● Data supplied
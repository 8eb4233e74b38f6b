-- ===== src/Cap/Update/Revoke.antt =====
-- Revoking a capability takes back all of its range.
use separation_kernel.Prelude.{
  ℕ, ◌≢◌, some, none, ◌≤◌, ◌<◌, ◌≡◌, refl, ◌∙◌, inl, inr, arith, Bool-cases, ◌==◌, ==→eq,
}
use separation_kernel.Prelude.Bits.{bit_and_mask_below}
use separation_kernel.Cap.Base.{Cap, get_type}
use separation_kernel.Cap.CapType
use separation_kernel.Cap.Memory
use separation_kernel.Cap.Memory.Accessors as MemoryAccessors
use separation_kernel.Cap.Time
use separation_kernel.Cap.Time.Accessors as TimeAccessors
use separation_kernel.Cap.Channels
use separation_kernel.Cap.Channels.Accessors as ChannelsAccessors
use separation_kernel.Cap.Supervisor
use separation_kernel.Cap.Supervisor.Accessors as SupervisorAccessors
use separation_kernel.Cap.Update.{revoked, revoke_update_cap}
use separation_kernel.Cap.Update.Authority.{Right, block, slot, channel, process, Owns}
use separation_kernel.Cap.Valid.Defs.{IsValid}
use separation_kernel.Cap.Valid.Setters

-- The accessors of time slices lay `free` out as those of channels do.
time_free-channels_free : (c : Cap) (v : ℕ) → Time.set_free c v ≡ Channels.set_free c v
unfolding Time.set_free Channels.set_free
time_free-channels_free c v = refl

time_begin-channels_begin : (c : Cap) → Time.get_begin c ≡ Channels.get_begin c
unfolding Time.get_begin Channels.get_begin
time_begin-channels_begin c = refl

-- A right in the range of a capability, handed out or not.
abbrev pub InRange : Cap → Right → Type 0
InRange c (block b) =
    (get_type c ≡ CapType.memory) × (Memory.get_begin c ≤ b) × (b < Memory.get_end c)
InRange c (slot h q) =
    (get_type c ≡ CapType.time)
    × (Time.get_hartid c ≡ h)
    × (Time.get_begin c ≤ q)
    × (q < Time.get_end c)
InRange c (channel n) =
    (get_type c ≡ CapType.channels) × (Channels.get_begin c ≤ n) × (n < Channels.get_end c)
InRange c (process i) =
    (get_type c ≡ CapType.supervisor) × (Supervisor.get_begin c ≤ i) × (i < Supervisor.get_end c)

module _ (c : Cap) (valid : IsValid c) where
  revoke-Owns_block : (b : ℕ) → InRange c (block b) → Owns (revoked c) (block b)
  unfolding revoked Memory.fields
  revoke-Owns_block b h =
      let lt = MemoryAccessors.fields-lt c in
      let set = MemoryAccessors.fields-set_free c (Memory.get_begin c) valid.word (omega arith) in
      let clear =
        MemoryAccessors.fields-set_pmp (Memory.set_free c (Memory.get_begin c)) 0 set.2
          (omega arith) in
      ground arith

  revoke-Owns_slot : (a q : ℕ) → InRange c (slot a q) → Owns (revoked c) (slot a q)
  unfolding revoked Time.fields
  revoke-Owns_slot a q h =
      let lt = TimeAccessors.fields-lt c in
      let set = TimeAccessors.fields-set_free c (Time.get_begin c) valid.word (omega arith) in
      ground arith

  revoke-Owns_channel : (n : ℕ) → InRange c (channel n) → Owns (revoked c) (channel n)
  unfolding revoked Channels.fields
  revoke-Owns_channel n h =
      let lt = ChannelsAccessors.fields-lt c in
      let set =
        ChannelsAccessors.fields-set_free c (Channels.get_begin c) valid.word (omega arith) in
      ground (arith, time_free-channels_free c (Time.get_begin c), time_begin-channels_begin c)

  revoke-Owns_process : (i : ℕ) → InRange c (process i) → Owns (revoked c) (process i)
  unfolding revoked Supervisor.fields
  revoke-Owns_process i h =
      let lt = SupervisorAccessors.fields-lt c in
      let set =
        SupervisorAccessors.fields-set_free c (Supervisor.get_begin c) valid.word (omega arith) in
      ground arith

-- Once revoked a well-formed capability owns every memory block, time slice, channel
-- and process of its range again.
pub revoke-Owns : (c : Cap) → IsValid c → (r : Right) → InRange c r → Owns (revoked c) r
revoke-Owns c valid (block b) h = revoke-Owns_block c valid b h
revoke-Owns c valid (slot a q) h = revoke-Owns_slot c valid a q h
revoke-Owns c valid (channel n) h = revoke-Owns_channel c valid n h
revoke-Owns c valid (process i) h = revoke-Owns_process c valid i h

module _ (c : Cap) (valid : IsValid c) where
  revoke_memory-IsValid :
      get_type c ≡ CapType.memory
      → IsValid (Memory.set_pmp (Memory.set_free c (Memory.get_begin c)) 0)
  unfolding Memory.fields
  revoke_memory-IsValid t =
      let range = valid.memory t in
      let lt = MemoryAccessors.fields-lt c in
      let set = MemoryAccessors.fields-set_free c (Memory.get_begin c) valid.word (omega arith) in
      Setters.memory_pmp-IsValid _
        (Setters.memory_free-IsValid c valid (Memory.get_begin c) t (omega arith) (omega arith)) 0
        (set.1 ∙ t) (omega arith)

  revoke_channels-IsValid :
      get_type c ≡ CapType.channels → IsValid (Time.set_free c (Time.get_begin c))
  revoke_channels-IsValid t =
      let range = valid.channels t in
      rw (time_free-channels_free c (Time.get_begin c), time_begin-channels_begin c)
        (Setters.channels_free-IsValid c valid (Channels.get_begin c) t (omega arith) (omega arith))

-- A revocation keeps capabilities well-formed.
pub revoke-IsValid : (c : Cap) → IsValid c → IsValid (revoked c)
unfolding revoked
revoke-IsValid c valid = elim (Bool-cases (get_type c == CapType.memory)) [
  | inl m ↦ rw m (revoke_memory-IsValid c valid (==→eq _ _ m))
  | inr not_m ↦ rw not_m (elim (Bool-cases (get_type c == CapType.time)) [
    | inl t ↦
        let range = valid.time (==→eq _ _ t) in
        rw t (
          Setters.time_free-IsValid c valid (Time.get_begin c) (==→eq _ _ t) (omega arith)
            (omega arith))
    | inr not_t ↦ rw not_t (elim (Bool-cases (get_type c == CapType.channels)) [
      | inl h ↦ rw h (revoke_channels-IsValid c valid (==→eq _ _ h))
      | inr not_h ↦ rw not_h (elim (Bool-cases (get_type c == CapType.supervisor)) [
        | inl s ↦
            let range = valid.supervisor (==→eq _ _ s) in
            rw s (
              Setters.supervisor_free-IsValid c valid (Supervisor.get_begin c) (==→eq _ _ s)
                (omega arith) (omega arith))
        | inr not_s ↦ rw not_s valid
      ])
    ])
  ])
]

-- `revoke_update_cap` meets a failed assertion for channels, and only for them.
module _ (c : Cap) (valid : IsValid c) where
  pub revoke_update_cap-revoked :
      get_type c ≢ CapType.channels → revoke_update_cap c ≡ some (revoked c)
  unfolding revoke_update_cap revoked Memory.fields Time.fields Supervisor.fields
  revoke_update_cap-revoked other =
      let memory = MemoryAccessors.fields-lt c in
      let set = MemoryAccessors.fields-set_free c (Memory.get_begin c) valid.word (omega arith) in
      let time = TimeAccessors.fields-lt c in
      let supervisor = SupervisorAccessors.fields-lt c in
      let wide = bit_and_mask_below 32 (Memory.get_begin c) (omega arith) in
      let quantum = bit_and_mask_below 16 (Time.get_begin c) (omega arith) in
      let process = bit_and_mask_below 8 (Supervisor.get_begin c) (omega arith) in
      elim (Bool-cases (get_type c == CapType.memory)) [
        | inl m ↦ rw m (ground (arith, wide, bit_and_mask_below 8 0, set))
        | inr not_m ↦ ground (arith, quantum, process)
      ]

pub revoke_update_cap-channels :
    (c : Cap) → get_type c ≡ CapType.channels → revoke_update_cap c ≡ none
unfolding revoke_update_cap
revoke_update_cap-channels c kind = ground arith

● What you will do
Give the data back exactly as it stands.

● Exercise output
repository 8eb4233e74b38f6b
-- ===== src/Cap/Update/Revoke.antt =====
-- Revoking a capability takes back all of its range.
use separation_kernel.Prelude.{
  ℕ, ◌≢◌, some, none, ◌≤◌, ◌<◌, ◌≡◌, refl, ◌∙◌, inl, inr, arith, Bool-cases, ◌==◌, ==→eq,
}
use separation_kernel.Prelude.Bits.{bit_and_mask_below}
use separation_kernel.Cap.Base.{Cap, get_type}
use separation_kernel.Cap.CapType
use separation_kernel.Cap.Memory
use separation_kernel.Cap.Memory.Accessors as MemoryAccessors
use separation_kernel.Cap.Time
use separation_kernel.Cap.Time.Accessors as TimeAccessors
use separation_kernel.Cap.Channels
use separation_kernel.Cap.Channels.Accessors as ChannelsAccessors
use separation_kernel.Cap.Supervisor
use separation_kernel.Cap.Supervisor.Accessors as SupervisorAccessors
use separation_kernel.Cap.Update.{revoked, revoke_update_cap}
use separation_kernel.Cap.Update.Authority.{Right, block, slot, channel, process, Owns}
use separation_kernel.Cap.Valid.Defs.{IsValid}
use separation_kernel.Cap.Valid.Setters

-- The accessors of time slices lay `free` out as those of channels do.
time_free-channels_free : (c : Cap) (v : ℕ) → Time.set_free c v ≡ Channels.set_free c v
unfolding Time.set_free Channels.set_free
time_free-channels_free c v = refl

time_begin-channels_begin : (c : Cap) → Time.get_begin c ≡ Channels.get_begin c
unfolding Time.get_begin Channels.get_begin
time_begin-channels_begin c = refl

-- A right in the range of a capability, handed out or not.
abbrev pub InRange : Cap → Right → Type 0
InRange c (block b) =
    (get_type c ≡ CapType.memory) × (Memory.get_begin c ≤ b) × (b < Memory.get_end c)
InRange c (slot h q) =
    (get_type c ≡ CapType.time)
    × (Time.get_hartid c ≡ h)
    × (Time.get_begin c ≤ q)
    × (q < Time.get_end c)
InRange c (channel n) =
    (get_type c ≡ CapType.channels) × (Channels.get_begin c ≤ n) × (n < Channels.get_end c)
InRange c (process i) =
    (get_type c ≡ CapType.supervisor) × (Supervisor.get_begin c ≤ i) × (i < Supervisor.get_end c)

module _ (c : Cap) (valid : IsValid c) where
  revoke-Owns_block : (b : ℕ) → InRange c (block b) → Owns (revoked c) (block b)
  unfolding revoked Memory.fields
  revoke-Owns_block b h =
      let lt = MemoryAccessors.fields-lt c in
      let set = MemoryAccessors.fields-set_free c (Memory.get_begin c) valid.word (omega arith) in
      let clear =
        MemoryAccessors.fields-set_pmp (Memory.set_free c (Memory.get_begin c)) 0 set.2
          (omega arith) in
      ground arith

  revoke-Owns_slot : (a q : ℕ) → InRange c (slot a q) → Owns (revoked c) (slot a q)
  unfolding revoked Time.fields
  revoke-Owns_slot a q h =
      let lt = TimeAccessors.fields-lt c in
      let set = TimeAccessors.fields-set_free c (Time.get_begin c) valid.word (omega arith) in
      ground arith

  revoke-Owns_channel : (n : ℕ) → InRange c (channel n) → Owns (revoked c) (channel n)
  unfolding revoked Channels.fields
  revoke-Owns_channel n h =
      let lt = ChannelsAccessors.fields-lt c in
      let set =
        ChannelsAccessors.fields-set_free c (Channels.get_begin c) valid.word (omega arith) in
      ground (arith, time_free-channels_free c (Time.get_begin c), time_begin-channels_begin c)

  revoke-Owns_process : (i : ℕ) → InRange c (process i) → Owns (revoked c) (process i)
  unfolding revoked Supervisor.fields
  revoke-Owns_process i h =
      let lt = SupervisorAccessors.fields-lt c in
      let set =
        SupervisorAccessors.fields-set_free c (Supervisor.get_begin c) valid.word (omega arith) in
      ground arith

-- Once revoked a well-formed capability owns every memory block, time slice, channel
-- and process of its range again.
pub revoke-Owns : (c : Cap) → IsValid c → (r : Right) → InRange c r → Owns (revoked c) r
revoke-Owns c valid (block b) h = revoke-Owns_block c valid b h
revoke-Owns c valid (slot a q) h = revoke-Owns_slot c valid a q h
revoke-Owns c valid (channel n) h = revoke-Owns_channel c valid n h
revoke-Owns c valid (process i) h = revoke-Owns_process c valid i h

module _ (c : Cap) (valid : IsValid c) where
  revoke_memory-IsValid :
      get_type c ≡ CapType.memory
      → IsValid (Memory.set_pmp (Memory.set_free c (Memory.get_begin c)) 0)
  unfolding Memory.fields
  revoke_memory-IsValid t =
      let range = valid.memory t in
      let lt = MemoryAccessors.fields-lt c in
      let set = MemoryAccessors.fields-set_free c (Memory.get_begin c) valid.word (omega arith) in
      Setters.memory_pmp-IsValid _
        (Setters.memory_free-IsValid c valid (Memory.get_begin c) t (omega arith) (omega arith)) 0
        (set.1 ∙ t) (omega arith)

  revoke_channels-IsValid :
      get_type c ≡ CapType.channels → IsValid (Time.set_free c (Time.get_begin c))
  revoke_channels-IsValid t =
      let range = valid.channels t in
      rw (time_free-channels_free c (Time.get_begin c), time_begin-channels_begin c)
        (Setters.channels_free-IsValid c valid (Channels.get_begin c) t (omega arith) (omega arith))

-- A revocation keeps capabilities well-formed.
pub revoke-IsValid : (c : Cap) → IsValid c → IsValid (revoked c)
unfolding revoked
revoke-IsValid c valid = elim (Bool-cases (get_type c == CapType.memory)) [
  | inl m ↦ rw m (revoke_memory-IsValid c valid (==→eq _ _ m))
  | inr not_m ↦ rw not_m (elim (Bool-cases (get_type c == CapType.time)) [
    | inl t ↦
        let range = valid.time (==→eq _ _ t) in
        rw t (
          Setters.time_free-IsValid c valid (Time.get_begin c) (==→eq _ _ t) (omega arith)
            (omega arith))
    | inr not_t ↦ rw not_t (elim (Bool-cases (get_type c == CapType.channels)) [
      | inl h ↦ rw h (revoke_channels-IsValid c valid (==→eq _ _ h))
      | inr not_h ↦ rw not_h (elim (Bool-cases (get_type c == CapType.supervisor)) [
        | inl s ↦
            let range = valid.supervisor (==→eq _ _ s) in
            rw s (
              Setters.supervisor_free-IsValid c valid (Supervisor.get_begin c) (==→eq _ _ s)
                (omega arith) (omega arith))
        | inr not_s ↦ rw not_s valid
      ])
    ])
  ])
]

-- `revoke_update_cap` meets a failed assertion for channels, and only for them.
module _ (c : Cap) (valid : IsValid c) where
  pub revoke_update_cap-revoked :
      get_type c ≢ CapType.channels → revoke_update_cap c ≡ some (revoked c)
  unfolding revoke_update_cap revoked Memory.fields Time.fields Supervisor.fields
  revoke_update_cap-revoked other =
      let memory = MemoryAccessors.fields-lt c in
      let set = MemoryAccessors.fields-set_free c (Memory.get_begin c) valid.word (omega arith) in
      let time = TimeAccessors.fields-lt c in
      let supervisor = SupervisorAccessors.fields-lt c in
      let wide = bit_and_mask_below 32 (Memory.get_begin c) (omega arith) in
      let quantum = bit_and_mask_below 16 (Time.get_begin c) (omega arith) in
      let process = bit_and_mask_below 8 (Supervisor.get_begin c) (omega arith) in
      elim (Bool-cases (get_type c == CapType.memory)) [
        | inl m ↦ rw m (ground (arith, wide, bit_and_mask_below 8 0, set))
        | inr not_m ↦ ground (arith, quantum, process)
      ]

pub revoke_update_cap-channels :
    (c : Cap) → get_type c ≡ CapType.channels → revoke_update_cap c ≡ none
unfolding revoke_update_cap
revoke_update_cap-channels c kind = ground arith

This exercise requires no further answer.